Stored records
-- ===== src/Scheduler/Frame.antt =====
-- Changes of the kernel's state that leave the scheduler of kern/thread.c alone, and those that leave
-- the tables alone by which threads are found.
use bradyp_os.Base.{ℕ, ◌<◌, ◌≡◌, ◌≢◌, refl, ◌∙◌, true, some, arith}
use bradyp_os.Base.Array.{Array}
use bradyp_os.Kernel.{ThreadState, is_runnable, Tcb, Kernel, put_tcb, thread_max_count}
use bradyp_os.Scheduler.{
  set_thread_state, adjust_schedule, thread_schedule_insert, unschedule, thread_schedule_delete,
  with_state,
}
use bradyp_os.Scheduler.State.{IsScheduled}
use bradyp_os.Scheduler.Update.{set_thread_state-IsScheduled, adjust_schedule-SameThreads}

-- The heap, the running thread and the states of the threads are the same.
pub record SameRun (k k' : Kernel) : Type 0 where
  pub heap : k'.schedule ≡ k.schedule
  pub current : k'.current_thread_idx ≡ k.current_thread_idx
  pub states : (x : ℕ) → (k'.tcb_store x).state ≡ (k.tcb_store x).state

pub SameRun-trans : {k k' k'' : Kernel} → SameRun k k' → SameRun k' k'' → SameRun k k''
SameRun-trans s s' = record {
  heap = s'.heap ∙ s.heap;
  current = s'.current ∙ s.current;
  states = λ x. s'.states x ∙ s.states x;
}

pub SameRun-IsScheduled : {k k' : Kernel} → SameRun k k' → IsScheduled k → IsScheduled k'
SameRun-IsScheduled s v = record {
  exact = λ x p. rw (s.heap, s.current, s.states) (v.exact x p);
  inside = λ x p. rw s.heap (v.inside x p);
}

-- The tables: the list of threads, and the chains of the address spaces.
pub record SameTables (k k' : Kernel) : Type 0 where
  pub list : k'.thread_list ≡ k.thread_list
  pub spaces : k'.as_pool ≡ k.as_pool
  pub siblings : (x : ℕ) → (k'.tcb_store x).next_sibling ≡ (k.tcb_store x).next_sibling

-- Every thread that the tables name is one of the 16.
pub record IsTable (k : Kernel) : Type 0 where
  pub list : (i : ℕ) → k.thread_list i < thread_max_count
  pub firsts : (s t : ℕ) → (k.as_pool s).first_thread ≡ some t → t < thread_max_count
  pub siblings : (x t : ℕ) → (k.tcb_store x).next_sibling ≡ some t → t < thread_max_count

pub SameTables-IsTable : {k k' : Kernel} → SameTables k k' → IsTable k → IsTable k'
SameTables-IsTable s v = record {
  list = λ i. rw s.list (v.list i);
  firsts = λ i t e. v.firsts i t (rw s.spaces at e);
  siblings = λ x t e. v.siblings x t (rw s.siblings at e);
}

-- The kernel while its thread works: the scheduler's invariant, a running thread that can run, and
-- sound tables.
pub record IsServing (k : Kernel) : Type 0 where
  pub scheduled : IsScheduled k
  pub runs : is_runnable (k.tcb_store k.current_thread_idx).state ≡ true
  pub tables : IsTable k

-- Neither the scheduler nor the tables change.
pub record SameFrame (k k' : Kernel) : Type 0 where
  pub run : SameRun k k'
  pub tables : SameTables k k'

pub SameFrame-refl : (k : Kernel) → SameFrame k k
SameFrame-refl k = record {
  run = record { heap = refl; current = refl; states = λ x. refl };
  tables = record { list = refl; spaces = refl; siblings = λ x. refl };
}

pub SameFrame-trans : {k k' k'' : Kernel} → SameFrame k k' → SameFrame k' k'' → SameFrame k k''
SameFrame-trans s s' = record {
  run = SameRun-trans s.run s'.run;
  tables = record {
    list = s'.tables.list ∙ s.tables.list;
    spaces = s'.tables.spaces ∙ s.tables.spaces;
    siblings = λ x. s'.tables.siblings x ∙ s.tables.siblings x;
  };
}

pub SameFrame-IsServing : {k k' : Kernel} → SameFrame k k' → IsServing k → IsServing k'
SameFrame-IsServing s v = record {
  scheduled = SameRun-IsScheduled s.run v.scheduled;
  runs = rw (s.run.current, s.run.states) v.runs;
  tables = SameTables-IsTable s.tables v.tables;
}

pub memory-SameFrame : (k : Kernel) (m : Array) → SameFrame k (record k { memory = m })
memory-SameFrame k m = record {
  run = record { heap = refl; current = refl; states = λ x. refl };
  tables = record { list = refl; spaces = refl; siblings = λ x. refl };
}

pub put_tcb-SameFrame :
    (k : Kernel) (t : ℕ) (tcb : Tcb)
    → tcb.state ≡ (k.tcb_store t).state
    → tcb.next_sibling ≡ (k.tcb_store t).next_sibling
    → SameFrame k (put_tcb k t tcb)
unfolding put_tcb
put_tcb-SameFrame k t tcb e f = record {
  run = record { heap = refl; current = refl; states = λ x. ground arith };
  tables = record { list = refl; spaces = refl; siblings = λ x. ground arith };
}

adjust_schedule-SameTables :
    (k : Kernel) (t : ℕ) (s : ThreadState) → SameTables k (adjust_schedule k t s)
unfolding adjust_schedule thread_schedule_insert unschedule thread_schedule_delete
adjust_schedule-SameTables k t s = record {
  list = ground arith;
  spaces = ground arith;
  siblings = λ x. ground arith;
}

with_state-SameTables :
    (k k' : Kernel) (t : ℕ) (s : ThreadState) → SameTables k k' → SameTables k (with_state k' t s)
unfolding put_tcb
with_state-SameTables k k' t s same = record {
  list = same.list;
  spaces = same.spaces;
  siblings = λ x. ground (arith, same.siblings x);
}

module _ (k : Kernel) (v : IsServing k) (t : ℕ) (s : ThreadState) where
  set_thread_state-current_state :
      t ≢ k.current_thread_idx
      → is_runnable
          ((set_thread_state k t s).tcb_store (set_thread_state k t s).current_thread_idx).state
        ≡ true
  unfolding set_thread_state put_tcb
  set_thread_state-current_state other =
      let same = adjust_schedule-SameThreads k t s in
      rw (same.blocks, same.current) (ground (arith, v.runs))

  -- Another thread than the running one may change its state.
  pub set_thread_state-IsServing :
      t < thread_max_count → t ≢ k.current_thread_idx → IsServing (set_thread_state k t s)
  unfolding set_thread_state
  set_thread_state-IsServing listed other = record {
    scheduled = set_thread_state-IsScheduled k t s v.scheduled listed (ground arith);
    runs = set_thread_state-current_state other;
    tables =
        SameTables-IsTable
          (with_state-SameTables k (adjust_schedule k t s) t s (adjust_schedule-SameTables k t s))
          v.tables;
  }

-- A thread of the table that does not run.
abbrev pub IsOther : Kernel → ℕ → Type 0
IsOther k t = (t < thread_max_count) × (t ≢ k.current_thread_idx)

-- The kernel's thread goes on: it runs still, and the kernel's state is as it should be.
pub record Continues (k k' : Kernel) : Type 0 where
  pub serving : IsServing k'
  pub current : k'.current_thread_idx ≡ k.current_thread_idx

pub Continues-trans : {k k' k'' : Kernel} → Continues k k' → Continues k' k'' → Continues k k''
Continues-trans c c' = record { serving = c'.serving; current = c'.current ∙ c.current }

pub Continues-refl : {k : Kernel} → IsServing k → Continues k k
Continues-refl v = record { serving = v; current = refl }

pub SameFrame-Continues : {k k' : Kernel} → SameFrame k k' → IsServing k → Continues k k'
SameFrame-Continues s v = record { serving = SameFrame-IsServing s v; current = s.run.current }

pub Continues-IsOther : {k k' : Kernel} {t : ℕ} → Continues k k' → IsOther k t → IsOther k' t
Continues-IsOther c o = (o.0, rw c.current o.1)

set_thread_state-current_idx :
    (k : Kernel) (t : ℕ) (s : ThreadState)
    → (set_thread_state k t s).current_thread_idx ≡ k.current_thread_idx
unfolding set_thread_state put_tcb
set_thread_state-current_idx k t s = (adjust_schedule-SameThreads k t s).current

pub set_thread_state-Continues :
    {k k' : Kernel} (t : ℕ) (s : ThreadState)
    → Continues k k'
    → IsOther k t
    → Continues k (set_thread_state k' t s)
set_thread_state-Continues {k} {k'} t s c o =
    let o' = Continues-IsOther {k = k} {k' = k'} {t = t} c o in
    record {
      serving = set_thread_state-IsServing k' c.serving t s o'.0 o'.1;
      current = set_thread_state-current_idx k' t s ∙ c.current;
    }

Exercise:
Only the lines from the first line of the records through the one containing "pub heap : k'.schedule ≡ k.schedule" should be reproduced, exactly, with both of them included.

Solution to the exercise:
-- ===== src/Scheduler/Frame.antt =====
-- Changes of the kernel's state that leave the scheduler of kern/thread.c alone, and those that leave
-- the tables alone by which threads are found.
use bradyp_os.Base.{ℕ, ◌<◌, ◌≡◌, ◌≢◌, refl, ◌∙◌, true, some, arith}
use bradyp_os.Base.Array.{Array}
use bradyp_os.Kernel.{ThreadState, is_runnable, Tcb, Kernel, put_tcb, thread_max_count}
use bradyp_os.Scheduler.{
  set_thread_state, adjust_schedule, thread_schedule_insert, unschedule, thread_schedule_delete,
  with_state,
}
use bradyp_os.Scheduler.State.{IsScheduled}
use bradyp_os.Scheduler.Update.{set_thread_state-IsScheduled, adjust_schedule-SameThreads}

-- The heap, the running thread and the states of the threads are the same.
pub record SameRun (k k' : Kernel) : Type 0 where
  pub heap : k'.schedule ≡ k.schedule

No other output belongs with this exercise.